シラバス参照

講義概要
2017/11/25 現在

科目基礎情報
授業科目名 データ解析最適化論
英文授業科目名 Advanced Topics in Data Analysis Optimization?
開講年度 2017年度 開講年次 全学年
開講学期 後学期 開講コース・課程 博士前期課程、博士後期課程
授業の方法 講義 単位数 2
科目区分 大学院専門教育科目 - 専門科目Ⅱ
開講学科・専攻 情報・ネットワーク工学専攻
担当教員名 笠井 裕之
居室 東2-611
公開E-Mail 笠井准教授<kasai@is.uec.ac.jp>
授業関連Webページ http://www.kasailab.com/lecture/data_optimization
更新日 2017/03/14 08:50:57 更新状況 公開中
講義情報
主題および
達成目標
This lecture addresses the fundamentals and algorithms of optimization theory which is one of core technologies of machine learning. Especially, non-linear programming is focused. Note that the topics related with combinational optimization, non-differential optimization, discrete optimization and linear programing are not provided.

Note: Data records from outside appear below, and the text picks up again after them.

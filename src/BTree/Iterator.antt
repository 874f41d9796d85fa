-- ===== src/BTree/Iterator.antt =====
-- lib/sql/btree.cpp, `BTreeIndexIterator` and `BTree::read`: the scan of the leaves.
pub mod Scan
use relvec_db.Common.{
  ℕ, zero, suc, ◌+◌, ◌-◌, ◌≤◌, Bool, true, false, List, [], ◌∷◌, Option, none, some, ltb, leb, ◌==◌,
  if◌then◌else◌,
}
use relvec_db.Common.Int.{ℤ, eqb_ℤ}
use relvec_db.Common.Outcome.{Outcome, ok, fail, no_fuel, out_of_range, ◌>>=◌}
use relvec_db.Row.{Row, RowId}
use relvec_db.BTree.Node.{get_key, get_value}
use relvec_db.BTree.Leaf.{Leaf, invalid_page_index}
use relvec_db.BTree.Table.{Page, Index, get_page, get_leaf, get_root, as_internal}
use relvec_db.BTree.Conditions.{KeyCondition, is_row_valid}

-- The iterator on an index that does not change while it is read.
pub record IndexIterator : Type 0 where
  pub leaf_page : Leaf
  pub leaf_page_offset : ℕ
  pub predicates : List KeyCondition
  pub is_end : Bool

-- The end of a round: the next slot, or the first slot of the next leaf.
unfoldable pub advance : Index → IndexIterator → Outcome IndexIterator
unfolding get_leaf
advance t it =
    let moved : IndexIterator = record it { leaf_page_offset = it.leaf_page_offset + 1 } in
    let next_leaf = (do
      p ← get_leaf t it.leaf_page.next
      ok (record it { leaf_page = p; leaf_page_offset = 0 })) in
    if ltb (it.leaf_page_offset + 1) it.leaf_page.node.size
    then ok moved
    else if eqb_ℤ it.leaf_page.next invalid_page_index
    then ok (record moved { is_end = true })
    else next_leaf

-- `nextRow`: one more slot in each round, so the number of slots bounds the rounds.
unfoldable pub next_row : ℕ → Index → IndexIterator → Outcome (Option (Row × RowId) × IndexIterator)
unfolding get_value get_key is_row_valid advance
next_row zero t it = fail no_fuel
next_row (suc fuel) t it =
    let round = (do
      cur_value ← get_value it.leaf_page.node it.leaf_page_offset
      cur_key ← get_key it.leaf_page.node it.leaf_page_offset
      should_return ← is_row_valid t.key_schema it.predicates cur_key
      it' ← advance t it
      let rest = next_row fuel t it'
      if should_return then ok (some (cur_key, cur_value), it') else rest) in
    if it.is_end
    then ok (none, it)
    else if leb it.leaf_page.node.size it.leaf_page_offset
    then ok (none, it)
    else round

-- The way of `read` to the leftmost leaf: the first slot of each page, whatever its kind.
unfoldable pub leftmost_page : (ℤ → Outcome Leaf) → Page → Outcome Leaf
unfolding get_value
leftmost_page go Page.invalid = fail out_of_range
leftmost_page go (Page.metadata m) = fail out_of_range
leftmost_page go (Page.internal p) = do child ← get_value p 0; go child
leftmost_page go (Page.leaf p) = ok p

unfoldable pub leftmost_leaf : ℕ → Index → ℤ → Outcome Leaf
unfolding get_page leftmost_page
leftmost_leaf zero t i = fail no_fuel
leftmost_leaf (suc fuel) t i = do p ← get_page t i; leftmost_page (leftmost_leaf fuel t) p

-- `read`
unfoldable pub read : ℕ → Index → List KeyCondition → Outcome IndexIterator
unfolding get_root leftmost_leaf
read fuel t predicates = do
  root ← get_root t
  p ← leftmost_leaf fuel t root
  ok (record { leaf_page = p; leaf_page_offset = 0; predicates = predicates; is_end = false })
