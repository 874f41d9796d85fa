-- ===== src/Common/Ranges.antt =====
-- A part of an array, as the list of its entries.
use Prim.Native.Nat.{ℕ, zero, suc, ◌+◌, ◌<◌}
use mathlib.Core.Path.{◌≡◌, refl, ap, ap₂, ◌∙◌}
use mathlib.Core.List.{List, [], ◌∷◌, ◌++◌}
use native.Mathlib.Nat.{zero-add, add-zero}
use native.Mathlib.Omega.{arith}
use relvec_db.Common.Lists.{length}

module _ {ℓ} {A : Type ℓ} where
  -- `n` slots from slot `i` on.
  unfoldable pub range : (ℕ → A) → ℕ → ℕ → List A
  range f i zero = []
  range f i (suc n) = f i ∷ range f (suc i) n

  pub length-range : (f : ℕ → A) (i n : ℕ) → length (range f i n) ≡ n
  unfolding range
  length-range f i zero = refl
  length-range f i (suc n) = ap suc (length-range f (suc i) n)

  pub range_split : (f : ℕ → A) (i a b : ℕ) → range f i (a + b) ≡ range f i a ++ range f (i + a) b
  unfolding range
  range_split f i zero b = simp (zero-add, add-zero)
  range_split f i (suc a) b =
      let e : suc a + b ≡ suc (a + b) = omega arith in
      let k : suc i + a ≡ i + suc a = omega arith in
      rw e (
        ap (λ t. f i ∷ t)
          (range_split f (suc i) a b ∙ ap (λ t. range f (suc i) a ++ range f t b) k))

  -- Two arrays that agree on a range hold the same list there, also when one is moved.
  pub range_ext :
      (f g : ℕ → A) (i k n : ℕ)
      → ((j : ℕ) → j < n → f (i + j) ≡ g (k + j))
      → range f i n ≡ range g k n
  unfolding range
  range_ext f g i k zero h = refl
  range_ext f g i k (suc n) h = ap₂ ◌∷◌ (simp (add-zero) at (h 0 (omega arith))) (
      range_ext f g (suc i) (suc k) n (λ j l.
        let e : suc i + j ≡ i + suc j = omega arith in
        let e' : suc k + j ≡ k + suc j = omega arith in rw (e, e') (h (suc j) (omega arith))))
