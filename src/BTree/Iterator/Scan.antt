-- ===== src/BTree/Iterator/Scan.antt =====
-- lib/sql/btree.cpp: what a scan without conditions returns along a chain of leaves.
use relvec_db.Common.{
  ℕ, zero, suc, ◌+◌, ◌<◌, ◌≤◌, ◌≡◌, refl, ap, true, false, List, [], ◌∷◌, ◌++◌, none, some, arith,
  length, ltb, leb, lt→ltb,
}
use relvec_db.Common.Int.{eqb_ℤ}
use relvec_db.Common.Ranges.{range}
use relvec_db.Common.Outcome.{Outcome, ok, fail, no_fuel, ◌>>=◌}
use relvec_db.Row.{Row, RowId}
use relvec_db.BTree.Node.{get_key, get_value}
use relvec_db.BTree.Leaf.{Leaf, invalid_page_index}
use relvec_db.BTree.Table.{Index, get_leaf}
use relvec_db.BTree.Conditions.{is_row_valid}
use relvec_db.BTree.Iterator.{IndexIterator, advance, next_row}

-- The keys and row ids of `n` slots of a leaf.
abbrev pub rows_from : Leaf → ℕ → ℕ → List (Row × RowId)
rows_from p i n = range (λ j. ((p.node.slots j).key, (p.node.slots j).value)) i n

-- Calls of `nextRow` until it returns none, `n` at most.
unfoldable pub collect : ℕ → Index → IndexIterator → Outcome (List (Row × RowId))
unfolding next_row
collect zero t it = fail no_fuel
collect (suc n) t it = do
  (row, it') ← next_row 1 t it
  let rest = collect n t it'
  elim row [ none ↦ ok [] | some x ↦ rest >>= λ xs. ok (x ∷ xs) ]

-- The iterator at a slot, without conditions.
abbrev pub at_slot : Leaf → ℕ → IndexIterator
at_slot p i = record { leaf_page = p; leaf_page_offset = i; predicates = []; is_end = false }

-- The rest of the scan: the leaves that follow `p`, none of them empty, and their rows.
pub data Chain (t : Index) : Leaf → List (Row × RowId) → Type 0 where
  last : {p : Leaf} → eqb_ℤ p.next invalid_page_index ≡ true → Chain t p []
  link :
      {p : Leaf} (q : Leaf) {rest : List (Row × RowId)}
      → eqb_ℤ p.next invalid_page_index ≡ false
      → get_leaf t p.next ≡ ok q
      → 0 < q.node.size
      → q.node.size ≤ q.node.max_keys
      → Chain t q rest
      → Chain t p (rows_from q 0 q.node.size ++ rest)

-- One call of `nextRow` in the middle of a leaf.
collect_step :
    (t : Index) (p : Leaf) (i m : ℕ) (it : IndexIterator) (rest : List (Row × RowId))
    → i < p.node.size
    → p.node.size ≤ p.node.max_keys
    → advance t (at_slot p i) ≡ ok it
    → collect m t it ≡ ok rest
    → collect (suc m) t (at_slot p i) ≡ ok (((p.node.slots i).key, (p.node.slots i).value) ∷ rest)
unfolding collect next_row get_key get_value is_row_valid
collect_step t p i m it rest h w a c =
    let inside : leb p.node.size i ≡ false = ground (arith, h) in
    let slot = lt→ltb i p.node.max_keys (omega arith) in rw inside (rw slot (rw a (rw c refl)))

advance_within :
    (t : Index) (p : Leaf) (i : ℕ)
    → i + 1 < p.node.size
    → advance t (at_slot p i) ≡ ok (at_slot p (suc i))
unfolding advance
advance_within t p i h =
    let one : i + 1 ≡ suc i = omega arith in
    rw (lt→ltb (i + 1) p.node.size h) (ap (λ k. ok (at_slot p k)) one)

advance_last :
    (t : Index) (p : Leaf) (i : ℕ)
    → i + 1 ≡ p.node.size
    → eqb_ℤ p.next invalid_page_index ≡ true
    → advance t (at_slot p i)
      ≡ ok
          (record { leaf_page = p; leaf_page_offset = p.node.size; predicates = []; is_end = true })
unfolding advance
advance_last t p i h e =
    let past : ltb (i + 1) p.node.size ≡ false = ground (arith, h) in
    rw (past, e)
      (ap (λ k. ok (record { leaf_page = p; leaf_page_offset = k; predicates = []; is_end = true }))
        h)

advance_link :
    (t : Index) (p q : Leaf) (i : ℕ)
    → i + 1 ≡ p.node.size
    → eqb_ℤ p.next invalid_page_index ≡ false
    → get_leaf t p.next ≡ ok q
    → advance t (at_slot p i) ≡ ok (at_slot q 0)
unfolding advance
advance_link t p q i h e g =
    let past : ltb (i + 1) p.node.size ≡ false = ground (arith, h) in rw (past, e, g) refl

-- The slots of one leaf from `i` on, and then what follows the leaf.
collect_leaf :
    (t : Index) (p : Leaf) (n i : ℕ) (it : IndexIterator) (rest : List (Row × RowId))
    → i + suc n ≡ p.node.size
    → p.node.size ≤ p.node.max_keys
    → ((j : ℕ) → j + 1 ≡ p.node.size → advance t (at_slot p j) ≡ ok it)
    → collect (suc (length rest)) t it ≡ ok rest
    → collect (suc (length (rows_from p i (suc n) ++ rest))) t (at_slot p i)
      ≡ ok (rows_from p i (suc n) ++ rest)
unfolding range
collect_leaf t p zero i it rest e w a c =
    collect_step t p i (suc (length rest)) it rest (omega arith) w (a i (omega arith)) c
collect_leaf t p (suc n) i it rest e w a c =
    collect_step t p i _ (at_slot p (suc i)) (rows_from p (suc i) (suc n) ++ rest) (omega arith) w
      (advance_within t p i (omega arith)) (collect_leaf t p n (suc i) it rest (omega arith) w a c)

collect_whole :
    (t : Index) (p : Leaf) (m : ℕ) (it : IndexIterator) (rest : List (Row × RowId))
    → 0 < m
    → m ≡ p.node.size
    → p.node.size ≤ p.node.max_keys
    → ((j : ℕ) → j + 1 ≡ p.node.size → advance t (at_slot p j) ≡ ok it)
    → collect (suc (length rest)) t it ≡ ok rest
    → collect (suc (length (rows_from p 0 m ++ rest))) t (at_slot p 0)
      ≡ ok (rows_from p 0 m ++ rest)
collect_whole t p zero it rest h e w a c = absurd (omega arith)
collect_whole t p (suc k) it rest h e w a c = collect_leaf t p k 0 it rest (omega arith) w a c

-- A scan without conditions from a leaf that is not empty returns the keys and row ids of its
-- slots, and then those of the leaves that follow it by their links, none of them empty, each once
-- and in order, and then it ends.
pub collect-Chain :
    (t : Index) (p : Leaf) (rest : List (Row × RowId))
    → 0 < p.node.size
    → p.node.size ≤ p.node.max_keys
    → Chain t p rest
    → collect (suc (length (rows_from p 0 p.node.size ++ rest))) t (at_slot p 0)
      ≡ ok (rows_from p 0 p.node.size ++ rest)
unfolding collect next_row
collect-Chain t p rest h w (last e) =
    collect_whole t p p.node.size _ [] h refl w (λ j k. advance_last t p j k e) refl
collect-Chain t p rest h w (link q {rest = rest'} e g h' w' chain) =
    collect_whole t p p.node.size _ _ h refl w (λ j k. advance_link t p q j k e g)
      (collect-Chain t q rest' h' w' chain)
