-- ===== src/Marshal/Nulls.antt =====
-- lib/sql/marshal.cpp, `getNulls`: bit `i` of the mask says whether column `i` is null.
use relvec_db.Common.{
  ℕ, suc, ◌+◌, ◌*◌, ◌/◌, ◌^◌, ◌<◌, ◌≡◌, sym, ◌∙◌, ap, Bool, true, false, [], ◌∷◌, arith, length,
  if◌then◌else◌,
}
use relvec_db.Row.{Value, Row, is_null}
use relvec_db.Marshal.{nulls_from, get_nulls}
use relvec_db.Marshal.Words.{bit_at}
use native.Mathlib.Nat.{pow-suc, div-div-eq-div-mul, pow-le-pow_right}

-- The mask by its digits, the first column lowest.
unfoldable pub mask : Row → ℕ
mask [] = 0
mask (v ∷ row) = (if is_null v then 1 else 0) + 2 * mask row

if-mul : (b : Bool) (n : ℕ) → (if b then n else 0) ≡ n * (if b then 1 else 0)
if-mul true n = omega arith
if-mul false n = omega arith

nulls_from-mask : (i : ℕ) (row : Row) → nulls_from i row ≡ 2 ^ i * mask row
unfolding nulls_from mask
nulls_from-mask i [] = omega arith
nulls_from-mask i (v ∷ row) = omega (
  arith,
  pow-suc 2 i,
  nulls_from-mask (suc i) row,
  if-mul (is_null v) (2 ^ i),
  ap (λ (t : ℕ). t * mask row) (pow-suc 2 i),
)

pub get_nulls-mask : (row : Row) → get_nulls row ≡ mask row
unfolding get_nulls
get_nulls-mask row = omega (arith, nulls_from-mask 0 row)

pub mask-lt : (row : Row) → mask row < 2 ^ length row
unfolding mask
mask-lt [] = omega arith
mask-lt (v ∷ row) = ground (arith, pow-suc 2 (length row), mask-lt row)

pub mask-step :
    (n i : ℕ) (v : Value) (row : Row) → n / 2 ^ i ≡ mask (v ∷ row) → n / 2 ^ suc i ≡ mask row
unfolding mask
mask-step n i v row h =
    rw (pow-suc 2 i) (sym (div-div-eq-div-mul n (2 ^ i) 2) ∙ ap (λ (t : ℕ). t / 2) h ∙ halve)
  where
    halve : mask (v ∷ row) / 2 ≡ mask row
    halve = ground arith

pub bit_at-mask :
    (n i : ℕ) (v : Value) (row : Row) → n / 2 ^ i ≡ mask (v ∷ row) → bit_at n i ≡ is_null v
unfolding mask bit_at
bit_at-mask n i v row h = ground arith

-- The mask of a row that `serializeRow` takes fits its word.
pub get_nulls-lt : (row : Row) → length row < 64 → get_nulls row < 256 ^ 8
get_nulls-lt row h = omega (
  arith,
  get_nulls-mask row,
  mask-lt row,
  pow-le-pow_right {n = 2} (omega arith) {i = length row} {j = 64} (omega arith),
)
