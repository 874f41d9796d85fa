-- ===== src/Marshal/Columns.antt =====
-- lib/sql/marshal.cpp: one column written and read back.
use relvec_db.Common.{
  ℕ, zero, suc, ◌+◌, ◌-◌, ◌^◌, ◌%◌, ◌<◌, ◌≤◌, ◌≡◌, refl, true, false, List, [], ◌∷◌, ◌++◌, arith,
  length, drop, get_elem?, some, if◌then◌else◌, All, replicate, length-append, length-replicate,
  take-append, drop-append,
}
use relvec_db.Common.Outcome.{ok}
use relvec_db.Row.{ColumnType, Value, boolean, uint64, int64, string, Row}
use relvec_db.Marshal.{serialize_type, deserialize_type, c_string, type_space, string_space}
use relvec_db.Marshal.Words.{
  IsI64, word_bytes, pattern_of, length-word_bytes, read_word-word_bytes, signed_of-pattern_of,
  pattern_of-lt,
}

-- A value that is not null and that a column of the type can hold. A varchar has no zero byte, and
-- a string has at most 255 bytes.
abbrev pub Holds : ColumnType → ℕ → Value → Type 0
Holds ColumnType.boolean len (boolean b) = Unit
Holds ColumnType.uint64 len (uint64 n) = n < 2 ^ 64
Holds ColumnType.int64 len (int64 z) = IsI64 z
Holds ColumnType.varchar len (string s) = (length s ≤ len) × All (λ b. 0 < b) s
Holds ColumnType.string len (string s) = length s < 256
Holds _ len v = ⊥

-- The bytes of such a value.
unfoldable pub type_bytes : ColumnType → ℕ → Value → List ℕ
type_bytes ColumnType.boolean len (boolean b) = (if b then 1 else 0) ∷ []
type_bytes ColumnType.uint64 len (uint64 n) = word_bytes 8 n
type_bytes ColumnType.int64 len (int64 z) = word_bytes 8 (pattern_of z)
type_bytes ColumnType.varchar len (string s) = s ++ replicate (len - length s) 0
type_bytes ColumnType.string len (string s) = length s % 256 ∷ s
type_bytes _ len v = []

pub serialize_type-Holds :
    (t : ColumnType) (len : ℕ) (v : Value) (row : Row) (index : ℕ)
    → Holds t len v
    → get_elem? row index ≡ some v
    → serialize_type t len row index ≡ ok (type_bytes t len v)
unfolding serialize_type type_bytes
serialize_type-Holds ColumnType.boolean len (boolean b) row index h e = ground arith
serialize_type-Holds ColumnType.uint64 len (uint64 n) row index h e = ground arith
serialize_type-Holds ColumnType.int64 len (int64 z) row index h e = ground arith
serialize_type-Holds ColumnType.varchar len (string s) row index h e = ground arith
serialize_type-Holds ColumnType.string len (string s) row index h e = ground arith
serialize_type-Holds _ len v row index h e = absurd h

c_string-padded :
    (len k : ℕ) (s rest : List ℕ)
    → length s + k ≡ len
    → All (λ b. 0 < b) s
    → c_string len ((s ++ replicate k 0) ++ rest) ≡ s
unfolding c_string
c_string-padded zero k [] rest e h = refl
c_string-padded (suc len) zero [] rest e h = absurd (omega arith)
c_string-padded (suc len) (suc k) [] rest e h = refl
c_string-padded zero k (b ∷ s) rest e h = absurd (omega arith)
c_string-padded (suc len) k (b ∷ s) rest e (hb, hs) =
    ground (arith, c_string-padded len k s rest (omega arith) hs)

length-padded :
    (len : ℕ) (s : List ℕ) → length s ≤ len → length (s ++ replicate (len - length s) 0) ≡ len
length-padded len s h = omega (
  arith,
  length-append s (replicate (len - length s) 0),
  length-replicate {A = ℕ} (len - length s) 0,
)

drop-of_length {ℓ} : {A : Type ℓ} (n : ℕ) (xs ys : List A) → length xs ≡ n → drop n (xs ++ ys) ≡ ys
drop-of_length n xs ys e = rw (← e) (drop-append xs ys)

pub deserialize_type-Holds :
    (t : ColumnType) (len : ℕ) (v : Value) (rest : List ℕ)
    → Holds t len v
    → deserialize_type t len (type_bytes t len v ++ rest) ≡ ok (v ∷ [], rest)
unfolding deserialize_type type_bytes
deserialize_type-Holds ColumnType.boolean len (boolean true) rest h = refl
deserialize_type-Holds ColumnType.boolean len (boolean false) rest h = refl
deserialize_type-Holds ColumnType.uint64 len (uint64 n) rest h =
    rw (read_word-word_bytes 8 n rest h)
deserialize_type-Holds ColumnType.int64 len (int64 z) rest h =
    rw (read_word-word_bytes 8 (pattern_of z) rest (pattern_of-lt z h), signed_of-pattern_of z h)
deserialize_type-Holds ColumnType.varchar len (string s) rest (h, hs) = ground (
  arith,
  length-padded len s h,
  length-append (s ++ replicate (len - length s) 0) rest,
  drop-of_length len (s ++ replicate (len - length s) 0) rest,
  c_string-padded len (len - length s) s rest (omega arith) hs,
)
deserialize_type-Holds ColumnType.string len (string s) rest h =
    let e : length s % 256 + 0 ≡ length s = omega arith in
    rw e (ground (arith, length-append s rest, take-append s rest, drop-append s rest))
deserialize_type-Holds _ len v rest h = absurd h

-- A value that the column can hold is written as long as the two space functions say.
pub length-type_bytes :
    (t : ColumnType) (len : ℕ) (v : Value) (row : Row) (index : ℕ)
    → Holds t len v
    → get_elem? row index ≡ some v
    → (a b : ℕ) × (type_space t len ≡ ok a)
      × (string_space t row index ≡ ok b)
      × (length (type_bytes t len v) ≡ a + b)
unfolding type_space string_space type_bytes
length-type_bytes ColumnType.boolean len (boolean b) row index h e = (1, 0, refl, refl, omega arith)
length-type_bytes ColumnType.uint64 len (uint64 n) row index h e =
    (8, 0, refl, refl, omega (arith, length-word_bytes 8 n))
length-type_bytes ColumnType.int64 len (int64 z) row index h e =
    (8, 0, refl, refl, omega (arith, length-word_bytes 8 (pattern_of z)))
length-type_bytes ColumnType.varchar len (string s) row index (h, hs) e =
    (len, 0, refl, refl, omega (arith, length-padded len s h))
length-type_bytes ColumnType.string len (string s) row index h e =
    (1, length s, refl, ground arith, omega arith)
length-type_bytes _ len v row index h e = absurd h
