-- ===== src/Marshal/RoundTrip.antt =====
-- lib/sql/marshal.cpp: what `serializeRow` writes, `deserializeRow` reads back.
use relvec_db.Common.{
  ℕ, zero, suc, ◌+◌, ◌/◌, ◌^◌, ◌<◌, ◌≡◌, refl, List, [], ◌∷◌, ◌++◌, arith, length, drop, get_elem?,
  some, if◌then◌else◌, length-append, lt→ltb,
}
use relvec_db.Common.Outcome.{ok}
use relvec_db.Row.{ColumnSchema, Schema, Value, null, boolean, uint64, int64, string, Row, is_null}
use relvec_db.Marshal.{
  serialize_type, deserialize_type, serialize_row, serialize_from, deserialize_row,
  deserialize_from, get_nulls,
}
use relvec_db.Marshal.Words.{word_bytes, length-word_bytes, read_word-word_bytes}
use relvec_db.Marshal.Nulls.{mask, mask-step, bit_at-mask, get_nulls-mask, get_nulls-lt}
use relvec_db.Marshal.Columns.{Holds, type_bytes, serialize_type-Holds, deserialize_type-Holds}
use mathlib.Core.List.{append_assoc}

-- A value that a column can hold: NULL, or a value of its type.
abbrev pub Fits : ColumnSchema → Value → Type 0
Fits column null = Unit
Fits column (boolean b) = Holds column.type column.len (boolean b)
Fits column (uint64 n) = Holds column.type column.len (uint64 n)
Fits column (int64 z) = Holds column.type column.len (int64 z)
Fits column (string s) = Holds column.type column.len (string s)

abbrev pub FitsRow : Schema → Row → Type 0
FitsRow [] [] = Unit
FitsRow (c ∷ schema) (v ∷ row) = Fits c v × FitsRow schema row
FitsRow _ _ = ⊥

-- The bytes of the columns of a row.
unfoldable pub value_bytes : ColumnSchema → Value → List ℕ
value_bytes c v = if is_null v then [] else type_bytes c.type c.len v

unfoldable pub row_bytes : Schema → Row → List ℕ
unfolding value_bytes
row_bytes [] row = []
row_bytes (c ∷ schema) [] = []
row_bytes (c ∷ schema) (v ∷ row) = value_bytes c v ++ row_bytes schema row

pub get_elem?-drop :
    (row : Row) (i : ℕ) (v : Value) (vs : Row) → drop i row ≡ v ∷ vs → get_elem? row i ≡ some v
get_elem?-drop [] zero v vs e = cc
get_elem?-drop [] (suc i) v vs e = cc
get_elem?-drop (x ∷ row) zero v vs e = cc
get_elem?-drop (x ∷ row) (suc i) v vs e = get_elem?-drop row i v vs e

pub drop-step :
    (row : Row) (i : ℕ) (v : Value) (vs : Row) → drop i row ≡ v ∷ vs → drop (suc i) row ≡ vs
drop-step [] zero v vs e = cc
drop-step [] (suc i) v vs e = cc
drop-step (x ∷ row) zero v vs e = ground arith
drop-step (x ∷ row) (suc i) v vs e = drop-step row i v vs e

-- The column's step of `serializeRow`, by the bit of its index.
serialize_step :
    (c : ColumnSchema) (v : Value) (row : Row) (i : ℕ)
    → Fits c v
    → get_elem? row i ≡ some v
    → (if is_null v then ok [] else serialize_type c.type c.len row i) ≡ ok (value_bytes c v)
unfolding value_bytes
serialize_step c null row i h e = refl
serialize_step c (boolean b) row i h e = serialize_type-Holds c.type c.len (boolean b) row i h e
serialize_step c (uint64 n) row i h e = serialize_type-Holds c.type c.len (uint64 n) row i h e
serialize_step c (int64 z) row i h e = serialize_type-Holds c.type c.len (int64 z) row i h e
serialize_step c (string s) row i h e = serialize_type-Holds c.type c.len (string s) row i h e

deserialize_step :
    (c : ColumnSchema) (v : Value) (rest : List ℕ)
    → Fits c v
    → (if is_null v
        then ok (null ∷ [], value_bytes c v ++ rest)
        else deserialize_type c.type c.len (value_bytes c v ++ rest))
      ≡ ok (v ∷ [], rest)
unfolding value_bytes
deserialize_step c null rest h = refl
deserialize_step c (boolean b) rest h = deserialize_type-Holds c.type c.len (boolean b) rest h
deserialize_step c (uint64 n) rest h = deserialize_type-Holds c.type c.len (uint64 n) rest h
deserialize_step c (int64 z) rest h = deserialize_type-Holds c.type c.len (int64 z) rest h
deserialize_step c (string s) rest h = deserialize_type-Holds c.type c.len (string s) rest h

serialize_from-bytes :
    (schema : Schema) (row vs : Row) (n i : ℕ)
    → FitsRow schema vs
    → drop i row ≡ vs
    → n / 2 ^ i ≡ mask vs
    → serialize_from n row i schema ≡ ok (row_bytes schema vs)
unfolding serialize_from row_bytes
serialize_from-bytes [] row vs n i h e m = refl
serialize_from-bytes (c ∷ schema) row [] n i h e m = absurd h
serialize_from-bytes (c ∷ schema) row (v ∷ vs) n i (h, hs) e m =
    rw (bit_at-mask n i v vs m, serialize_step c v row i h (get_elem?-drop row i v vs e))
      (rw (
        serialize_from-bytes schema row vs n (suc i) hs (drop-step row i v vs e)
          (mask-step n i v vs m)))

deserialize_from-bytes :
    (schema : Schema) (vs : Row) (n i : ℕ) (rest : List ℕ)
    → FitsRow schema vs
    → n / 2 ^ i ≡ mask vs
    → deserialize_from n i schema (row_bytes schema vs ++ rest) ≡ ok vs
unfolding deserialize_from row_bytes
deserialize_from-bytes [] [] n i rest h m = refl
deserialize_from-bytes (c ∷ schema) [] n i rest h m = absurd h
deserialize_from-bytes [] (v ∷ vs) n i rest h m = absurd h
deserialize_from-bytes (c ∷ schema) (v ∷ vs) n i rest (h, hs) m =
    rw (append_assoc, bit_at-mask n i v vs m, deserialize_step c v (row_bytes schema vs ++ rest) h)
      (rw (deserialize_from-bytes schema vs n (suc i) rest hs (mask-step n i v vs m)))

-- What `serializeRow` writes for a row that fits.
pub written : Schema → Row → List ℕ
written schema row = word_bytes 8 (get_nulls row) ++ row_bytes schema row

pub serialize_row-written :
    (schema : Schema) (row : Row)
    → FitsRow schema row
    → length row < 64
    → serialize_row schema row ≡ ok (written schema row)
unfolding serialize_row written
serialize_row-written schema row h l =
    let m : get_nulls row / 2 ^ 0 ≡ mask row = omega (arith, get_nulls-mask row) in
    rw (lt→ltb _ _ l, serialize_from-bytes schema row row (get_nulls row) 0 h refl m)

pub length-written :
    (schema : Schema) (row : Row) → length (written schema row) ≡ 8 + length (row_bytes schema row)
unfolding written
length-written schema row = omega (
  arith,
  length-append (word_bytes 8 (get_nulls row)) (row_bytes schema row),
  length-word_bytes 8 (get_nulls row),
)

read-written :
    (schema : Schema) (row : Row) (rest : List ℕ)
    → FitsRow schema row
    → length row < 64
    → deserialize_row schema (written schema row ++ rest) ≡ ok row
unfolding deserialize_row written
read-written schema row rest h l =
    rw
      (
        append_assoc,
        read_word-word_bytes 8 (get_nulls row) (row_bytes schema row ++ rest) (get_nulls-lt row l),
      )
      (deserialize_from-bytes schema row (get_nulls row) 0 rest h
        (omega (arith, get_nulls-mask row)))

-- A row that fits its schema and has fewer than 64 columns is written, and reading the bytes gives
-- the row back, whatever stands behind them.
pub deserialize_row-serialize_row :
    (schema : Schema) (row : Row) (rest : List ℕ)
    → FitsRow schema row
    → length row < 64
    → (bytes : List ℕ) × (serialize_row schema row ≡ ok bytes)
      × (deserialize_row schema (bytes ++ rest) ≡ ok row)
deserialize_row-serialize_row schema row rest h l =
    (written schema row, serialize_row-written schema row h l, read-written schema row rest h l)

講義では,データ解析のための機械学習(データ最適化手法)に関する技術と理論について学習する.
前もって履修
しておくべき科目
Linear algebra basic and calculus basic

線形代数および解析
前もって履修しておくこ
とが望ましい科目
Not special
教科書等 Not special
授業内容と
その進め方
以下の内容に従って講義を行うが,学生の理解度に合わせて適宜内容を調整する.

1:Introduction

- Big and high-dimensional data analysis and its issues
- Linear and logistic regression
- Optimization technique basis

2: Mathematic preliminaries

- Space R^n and R^{mxn} space
- Inner product and norms
- Eigenvalues and eigenvectors
- Basic topological concepts


3: Optimality conditions for unconstrained optimization

- Global and local optima
- Classification of matrices
- First/second order optimality conditions
- Quadratic functions

4: Least squares

- Overdetermined systems
- Data fitting
- Regularized least squares
- De-noising

5: Gradient method 1

- Descent direction methods
- Gradient method
- Condition number
- Diagonal scaling

6: Gradient method 2

- Line search (Exact, Backtracking, Wolf conditions, etc.)
- Convergence analysis

7: Newton's method

- Standard Newton's method
- Damped Newton's method
- Cholesky factorization based Newton's method

8: Convex sets and functions

- Definition and examples of convex sets
- First/second order order characterizations of convex functions

9: Convex optimization 1

- Stationarity
- Orthogonal projection
- Gradient projection method

10: Convex optimization 2

- Convergence analysis

11: Optimality conditions for linearly constrained problems

- Separation and alternative theorems (Farkas' lemma)
- KKT conditions
- Orthogonal regression

12: KKT conditions

- Fritz-John theorem
- KKT conditions for inequality/equality constrained problem
- KKT conditions for convex optimization problem

13: Duality

- Motivations
- Definition
- Weak/strong duality in convex case
- Examples (LP, QP, Orthogonal projection, Chebyshev center,  Sum of norms, Denoising, etc.)

14: Advanced topics 1

- Stochastic optimization (SGD, SAG, SVRG, etc.)

15: Advanced topics 2

- Proximal (Stochastic) optimization methods
- ADMM
- Optimization on Riemannian manifolds
授業時間外の学習
(予習・復習等)
It is strongly recommended to study the related materials such as books and papers.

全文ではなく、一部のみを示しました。